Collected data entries

-- Opening Marker --

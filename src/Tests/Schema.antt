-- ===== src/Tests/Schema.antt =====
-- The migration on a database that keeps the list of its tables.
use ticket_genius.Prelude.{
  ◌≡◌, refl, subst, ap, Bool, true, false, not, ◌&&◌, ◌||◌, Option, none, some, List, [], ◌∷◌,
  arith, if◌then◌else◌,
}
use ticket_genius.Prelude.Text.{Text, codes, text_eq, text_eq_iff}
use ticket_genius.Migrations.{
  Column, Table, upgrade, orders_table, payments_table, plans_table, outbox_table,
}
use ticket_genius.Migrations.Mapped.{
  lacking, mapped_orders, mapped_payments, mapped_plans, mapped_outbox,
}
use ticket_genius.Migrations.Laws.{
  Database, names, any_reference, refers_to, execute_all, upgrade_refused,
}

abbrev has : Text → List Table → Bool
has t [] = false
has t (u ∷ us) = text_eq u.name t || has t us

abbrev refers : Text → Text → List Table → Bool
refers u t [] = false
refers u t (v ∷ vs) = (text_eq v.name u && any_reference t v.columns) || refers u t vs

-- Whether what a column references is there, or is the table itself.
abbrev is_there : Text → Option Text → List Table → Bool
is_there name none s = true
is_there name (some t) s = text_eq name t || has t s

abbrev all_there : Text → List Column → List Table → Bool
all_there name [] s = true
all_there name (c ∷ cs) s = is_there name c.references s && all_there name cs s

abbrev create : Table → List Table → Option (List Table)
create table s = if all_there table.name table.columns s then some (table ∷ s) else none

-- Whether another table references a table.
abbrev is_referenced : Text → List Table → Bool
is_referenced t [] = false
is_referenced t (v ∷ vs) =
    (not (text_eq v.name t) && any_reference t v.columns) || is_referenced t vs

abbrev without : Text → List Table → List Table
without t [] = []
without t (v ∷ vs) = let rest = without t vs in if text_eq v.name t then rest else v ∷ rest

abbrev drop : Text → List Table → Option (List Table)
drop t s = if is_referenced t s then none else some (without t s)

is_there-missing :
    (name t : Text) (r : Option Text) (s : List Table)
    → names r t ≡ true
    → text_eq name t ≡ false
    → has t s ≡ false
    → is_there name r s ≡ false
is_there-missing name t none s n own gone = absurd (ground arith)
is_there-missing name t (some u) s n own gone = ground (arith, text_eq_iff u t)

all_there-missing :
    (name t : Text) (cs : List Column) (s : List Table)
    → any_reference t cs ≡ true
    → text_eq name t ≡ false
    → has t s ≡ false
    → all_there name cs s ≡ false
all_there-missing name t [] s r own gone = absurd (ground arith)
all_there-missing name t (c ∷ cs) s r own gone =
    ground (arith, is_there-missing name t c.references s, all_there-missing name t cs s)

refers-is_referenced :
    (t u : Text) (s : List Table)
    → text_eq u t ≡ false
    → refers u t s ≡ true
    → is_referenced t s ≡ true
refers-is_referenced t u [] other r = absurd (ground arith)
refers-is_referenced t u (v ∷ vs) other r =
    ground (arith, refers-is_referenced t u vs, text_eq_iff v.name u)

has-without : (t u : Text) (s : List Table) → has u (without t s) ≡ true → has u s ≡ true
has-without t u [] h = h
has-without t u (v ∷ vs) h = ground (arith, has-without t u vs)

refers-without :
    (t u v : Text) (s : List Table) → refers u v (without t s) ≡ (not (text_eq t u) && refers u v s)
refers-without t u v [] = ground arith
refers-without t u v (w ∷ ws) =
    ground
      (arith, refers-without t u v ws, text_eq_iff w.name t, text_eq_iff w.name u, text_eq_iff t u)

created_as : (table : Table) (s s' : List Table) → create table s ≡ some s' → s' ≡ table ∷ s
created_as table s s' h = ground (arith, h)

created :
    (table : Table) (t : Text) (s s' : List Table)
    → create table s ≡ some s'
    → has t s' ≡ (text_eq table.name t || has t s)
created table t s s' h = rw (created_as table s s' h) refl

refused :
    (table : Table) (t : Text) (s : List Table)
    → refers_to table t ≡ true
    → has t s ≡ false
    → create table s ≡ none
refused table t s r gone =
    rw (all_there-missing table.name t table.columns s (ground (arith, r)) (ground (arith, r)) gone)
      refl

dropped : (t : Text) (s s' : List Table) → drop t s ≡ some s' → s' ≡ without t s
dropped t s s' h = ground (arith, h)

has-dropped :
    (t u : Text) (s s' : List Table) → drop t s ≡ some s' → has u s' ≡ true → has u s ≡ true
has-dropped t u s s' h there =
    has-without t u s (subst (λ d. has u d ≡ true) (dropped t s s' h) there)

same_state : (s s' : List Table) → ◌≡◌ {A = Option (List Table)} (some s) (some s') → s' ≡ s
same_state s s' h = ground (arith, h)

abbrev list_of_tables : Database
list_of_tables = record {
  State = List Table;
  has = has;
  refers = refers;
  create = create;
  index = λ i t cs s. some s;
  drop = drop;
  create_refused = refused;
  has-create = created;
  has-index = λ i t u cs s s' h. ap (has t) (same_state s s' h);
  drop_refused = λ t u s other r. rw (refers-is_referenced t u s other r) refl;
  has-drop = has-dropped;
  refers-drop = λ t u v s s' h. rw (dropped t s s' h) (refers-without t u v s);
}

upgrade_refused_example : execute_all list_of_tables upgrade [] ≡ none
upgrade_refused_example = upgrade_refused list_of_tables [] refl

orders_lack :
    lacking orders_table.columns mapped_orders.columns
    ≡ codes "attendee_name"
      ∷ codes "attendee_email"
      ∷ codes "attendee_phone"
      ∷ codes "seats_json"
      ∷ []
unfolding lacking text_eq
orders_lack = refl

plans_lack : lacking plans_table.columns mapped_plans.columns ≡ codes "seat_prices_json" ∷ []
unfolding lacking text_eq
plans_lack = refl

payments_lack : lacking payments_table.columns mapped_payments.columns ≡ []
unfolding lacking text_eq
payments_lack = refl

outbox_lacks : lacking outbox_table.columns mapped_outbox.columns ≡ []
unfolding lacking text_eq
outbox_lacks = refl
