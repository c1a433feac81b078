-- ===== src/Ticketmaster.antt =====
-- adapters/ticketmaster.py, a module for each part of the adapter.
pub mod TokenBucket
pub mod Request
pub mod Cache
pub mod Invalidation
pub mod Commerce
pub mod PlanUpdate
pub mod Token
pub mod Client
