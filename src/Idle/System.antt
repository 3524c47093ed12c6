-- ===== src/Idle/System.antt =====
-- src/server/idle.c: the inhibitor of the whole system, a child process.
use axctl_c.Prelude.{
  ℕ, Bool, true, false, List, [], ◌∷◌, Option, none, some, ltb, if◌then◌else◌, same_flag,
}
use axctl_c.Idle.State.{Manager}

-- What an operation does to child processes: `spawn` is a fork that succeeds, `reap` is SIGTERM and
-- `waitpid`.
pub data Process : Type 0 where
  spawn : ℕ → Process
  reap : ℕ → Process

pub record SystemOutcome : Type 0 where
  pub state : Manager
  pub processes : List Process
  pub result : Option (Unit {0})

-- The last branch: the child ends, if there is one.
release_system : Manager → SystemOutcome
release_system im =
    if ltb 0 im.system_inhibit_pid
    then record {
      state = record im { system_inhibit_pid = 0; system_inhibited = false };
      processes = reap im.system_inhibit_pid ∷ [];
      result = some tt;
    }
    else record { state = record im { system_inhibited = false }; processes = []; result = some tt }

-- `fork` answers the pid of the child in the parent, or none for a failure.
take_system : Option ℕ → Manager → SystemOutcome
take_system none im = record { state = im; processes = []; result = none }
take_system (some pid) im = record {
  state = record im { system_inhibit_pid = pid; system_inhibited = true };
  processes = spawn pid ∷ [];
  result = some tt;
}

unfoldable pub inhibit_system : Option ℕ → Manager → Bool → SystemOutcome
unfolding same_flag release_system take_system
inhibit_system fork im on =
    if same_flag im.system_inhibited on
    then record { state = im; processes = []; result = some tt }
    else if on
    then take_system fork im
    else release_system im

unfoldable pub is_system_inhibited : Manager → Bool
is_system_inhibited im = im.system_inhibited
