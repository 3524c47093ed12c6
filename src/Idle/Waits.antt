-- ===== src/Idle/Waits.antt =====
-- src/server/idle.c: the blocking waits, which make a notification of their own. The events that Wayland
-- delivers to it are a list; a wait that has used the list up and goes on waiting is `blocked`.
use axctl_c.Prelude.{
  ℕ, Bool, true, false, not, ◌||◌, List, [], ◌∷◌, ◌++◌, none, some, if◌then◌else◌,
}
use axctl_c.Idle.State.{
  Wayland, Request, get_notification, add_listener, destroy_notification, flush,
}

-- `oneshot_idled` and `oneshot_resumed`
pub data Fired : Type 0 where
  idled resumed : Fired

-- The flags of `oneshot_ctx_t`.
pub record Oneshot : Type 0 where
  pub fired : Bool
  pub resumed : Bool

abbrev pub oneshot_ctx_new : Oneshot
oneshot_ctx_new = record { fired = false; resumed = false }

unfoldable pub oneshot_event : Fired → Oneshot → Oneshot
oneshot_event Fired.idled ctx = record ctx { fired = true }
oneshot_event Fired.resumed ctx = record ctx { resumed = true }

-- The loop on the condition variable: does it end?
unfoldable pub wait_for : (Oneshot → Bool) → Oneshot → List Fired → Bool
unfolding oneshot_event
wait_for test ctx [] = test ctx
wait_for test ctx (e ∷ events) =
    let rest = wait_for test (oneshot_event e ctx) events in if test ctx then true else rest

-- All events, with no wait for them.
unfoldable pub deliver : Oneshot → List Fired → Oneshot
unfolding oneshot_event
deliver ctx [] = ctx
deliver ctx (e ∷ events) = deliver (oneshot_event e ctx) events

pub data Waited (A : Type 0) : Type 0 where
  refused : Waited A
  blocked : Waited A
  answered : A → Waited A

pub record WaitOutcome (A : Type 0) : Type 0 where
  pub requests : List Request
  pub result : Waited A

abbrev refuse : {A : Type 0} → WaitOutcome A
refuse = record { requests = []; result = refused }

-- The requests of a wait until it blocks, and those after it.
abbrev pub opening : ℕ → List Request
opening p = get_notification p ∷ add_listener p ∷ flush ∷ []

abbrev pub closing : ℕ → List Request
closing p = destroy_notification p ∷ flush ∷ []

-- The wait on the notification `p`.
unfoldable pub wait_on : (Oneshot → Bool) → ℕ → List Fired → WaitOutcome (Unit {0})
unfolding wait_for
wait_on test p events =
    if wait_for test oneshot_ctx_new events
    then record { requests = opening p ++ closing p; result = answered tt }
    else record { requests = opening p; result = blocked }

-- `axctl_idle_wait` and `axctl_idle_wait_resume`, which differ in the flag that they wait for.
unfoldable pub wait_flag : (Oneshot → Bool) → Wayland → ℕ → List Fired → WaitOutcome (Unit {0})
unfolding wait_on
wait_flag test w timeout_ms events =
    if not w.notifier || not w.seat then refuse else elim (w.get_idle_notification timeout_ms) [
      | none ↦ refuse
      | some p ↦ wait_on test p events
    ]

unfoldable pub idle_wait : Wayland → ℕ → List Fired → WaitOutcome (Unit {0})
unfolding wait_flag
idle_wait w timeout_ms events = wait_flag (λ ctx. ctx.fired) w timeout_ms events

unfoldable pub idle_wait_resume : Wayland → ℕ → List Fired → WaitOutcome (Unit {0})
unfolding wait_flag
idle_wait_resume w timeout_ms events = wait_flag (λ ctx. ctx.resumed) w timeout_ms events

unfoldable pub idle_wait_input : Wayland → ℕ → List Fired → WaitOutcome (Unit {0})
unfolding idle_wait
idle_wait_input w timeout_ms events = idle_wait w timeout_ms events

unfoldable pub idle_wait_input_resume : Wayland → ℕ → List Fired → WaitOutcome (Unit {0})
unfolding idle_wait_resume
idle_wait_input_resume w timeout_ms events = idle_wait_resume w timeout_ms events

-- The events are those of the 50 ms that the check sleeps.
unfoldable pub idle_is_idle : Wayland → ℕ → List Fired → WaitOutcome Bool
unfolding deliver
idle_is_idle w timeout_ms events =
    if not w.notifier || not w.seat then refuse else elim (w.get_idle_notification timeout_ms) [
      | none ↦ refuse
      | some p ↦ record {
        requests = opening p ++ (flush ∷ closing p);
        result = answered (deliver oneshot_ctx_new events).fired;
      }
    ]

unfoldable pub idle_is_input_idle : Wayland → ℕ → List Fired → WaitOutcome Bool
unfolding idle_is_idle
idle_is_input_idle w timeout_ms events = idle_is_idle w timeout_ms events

-- Closing Marker --
-- Opening Marker --

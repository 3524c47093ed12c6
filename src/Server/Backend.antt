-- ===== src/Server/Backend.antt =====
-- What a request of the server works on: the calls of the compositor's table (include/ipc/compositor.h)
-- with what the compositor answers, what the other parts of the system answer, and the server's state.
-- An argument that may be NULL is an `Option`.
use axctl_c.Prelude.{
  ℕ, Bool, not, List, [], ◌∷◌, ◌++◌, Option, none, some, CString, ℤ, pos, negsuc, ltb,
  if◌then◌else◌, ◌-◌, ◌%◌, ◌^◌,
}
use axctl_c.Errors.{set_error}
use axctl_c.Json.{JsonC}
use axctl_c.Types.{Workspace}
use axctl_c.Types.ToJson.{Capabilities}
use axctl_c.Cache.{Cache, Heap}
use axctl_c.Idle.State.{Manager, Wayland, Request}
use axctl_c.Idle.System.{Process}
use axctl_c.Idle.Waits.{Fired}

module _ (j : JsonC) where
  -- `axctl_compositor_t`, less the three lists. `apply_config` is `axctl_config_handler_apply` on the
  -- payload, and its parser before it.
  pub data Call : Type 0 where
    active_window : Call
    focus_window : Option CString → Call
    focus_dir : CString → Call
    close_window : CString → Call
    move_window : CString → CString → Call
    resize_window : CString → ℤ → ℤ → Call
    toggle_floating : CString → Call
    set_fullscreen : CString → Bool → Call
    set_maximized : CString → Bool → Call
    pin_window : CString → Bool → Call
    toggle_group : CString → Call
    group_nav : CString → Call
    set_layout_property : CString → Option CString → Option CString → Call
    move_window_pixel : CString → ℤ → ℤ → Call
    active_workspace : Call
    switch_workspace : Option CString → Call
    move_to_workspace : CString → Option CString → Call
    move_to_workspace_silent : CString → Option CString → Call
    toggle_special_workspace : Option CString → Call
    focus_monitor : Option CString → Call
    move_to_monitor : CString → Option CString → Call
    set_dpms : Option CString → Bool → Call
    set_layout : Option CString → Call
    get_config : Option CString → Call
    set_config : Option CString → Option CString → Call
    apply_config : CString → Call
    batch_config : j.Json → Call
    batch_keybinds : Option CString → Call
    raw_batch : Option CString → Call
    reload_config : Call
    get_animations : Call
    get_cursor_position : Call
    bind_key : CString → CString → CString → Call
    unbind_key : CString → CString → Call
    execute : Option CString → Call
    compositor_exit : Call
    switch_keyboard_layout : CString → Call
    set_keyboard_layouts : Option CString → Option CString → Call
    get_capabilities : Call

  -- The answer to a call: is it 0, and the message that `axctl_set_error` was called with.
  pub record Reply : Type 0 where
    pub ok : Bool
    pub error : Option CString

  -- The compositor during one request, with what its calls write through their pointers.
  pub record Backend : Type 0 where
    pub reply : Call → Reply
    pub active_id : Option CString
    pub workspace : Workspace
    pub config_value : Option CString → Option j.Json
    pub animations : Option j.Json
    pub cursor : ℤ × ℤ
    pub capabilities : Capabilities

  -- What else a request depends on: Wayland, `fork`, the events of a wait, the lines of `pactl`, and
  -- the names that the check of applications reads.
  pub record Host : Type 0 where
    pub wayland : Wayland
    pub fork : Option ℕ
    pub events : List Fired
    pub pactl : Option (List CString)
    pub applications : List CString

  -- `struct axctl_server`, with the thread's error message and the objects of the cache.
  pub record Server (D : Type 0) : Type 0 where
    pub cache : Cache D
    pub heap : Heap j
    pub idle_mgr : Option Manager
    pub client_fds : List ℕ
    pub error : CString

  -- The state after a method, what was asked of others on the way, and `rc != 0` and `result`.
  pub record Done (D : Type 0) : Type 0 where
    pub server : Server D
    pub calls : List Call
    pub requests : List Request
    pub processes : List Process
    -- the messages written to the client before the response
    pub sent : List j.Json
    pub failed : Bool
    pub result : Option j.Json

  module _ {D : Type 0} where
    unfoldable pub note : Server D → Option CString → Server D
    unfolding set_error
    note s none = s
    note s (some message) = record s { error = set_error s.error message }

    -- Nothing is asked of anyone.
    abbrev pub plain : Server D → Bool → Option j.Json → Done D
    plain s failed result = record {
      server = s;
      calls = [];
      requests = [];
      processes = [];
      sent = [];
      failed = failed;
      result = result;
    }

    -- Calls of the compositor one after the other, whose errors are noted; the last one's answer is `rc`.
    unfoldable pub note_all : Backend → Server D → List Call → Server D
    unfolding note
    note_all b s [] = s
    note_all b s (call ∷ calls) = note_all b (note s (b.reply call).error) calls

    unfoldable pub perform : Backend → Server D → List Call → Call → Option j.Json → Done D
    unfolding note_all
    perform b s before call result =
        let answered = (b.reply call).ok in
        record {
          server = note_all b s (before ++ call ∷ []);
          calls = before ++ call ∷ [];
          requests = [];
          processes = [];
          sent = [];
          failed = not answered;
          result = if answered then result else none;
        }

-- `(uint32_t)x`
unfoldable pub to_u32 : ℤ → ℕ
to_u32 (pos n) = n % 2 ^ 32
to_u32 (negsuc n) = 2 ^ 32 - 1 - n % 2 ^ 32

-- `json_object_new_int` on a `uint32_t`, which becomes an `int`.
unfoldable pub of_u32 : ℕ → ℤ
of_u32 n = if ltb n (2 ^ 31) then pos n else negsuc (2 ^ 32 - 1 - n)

-- Closing Marker --

■ **EXERCISE DIRECTIONS**
Starting at the line that contains "-- the messages" and stopping after the line that contains "-- Nothing is asked of anyone.", write out every line exactly as it appears above, and no other line.

■ **OUTPUT FOR THIS TASK**
    -- the messages written to the client before the response
    pub sent : List j.Json
    pub failed : Bool
    pub result : Option j.Json

  module _ {D : Type 0} where
    unfoldable pub note : Server D → Option CString → Server D
    unfolding set_error
    note s none = s
    note s (some message) = record s { error = set_error s.error message }

    -- Nothing is asked of anyone.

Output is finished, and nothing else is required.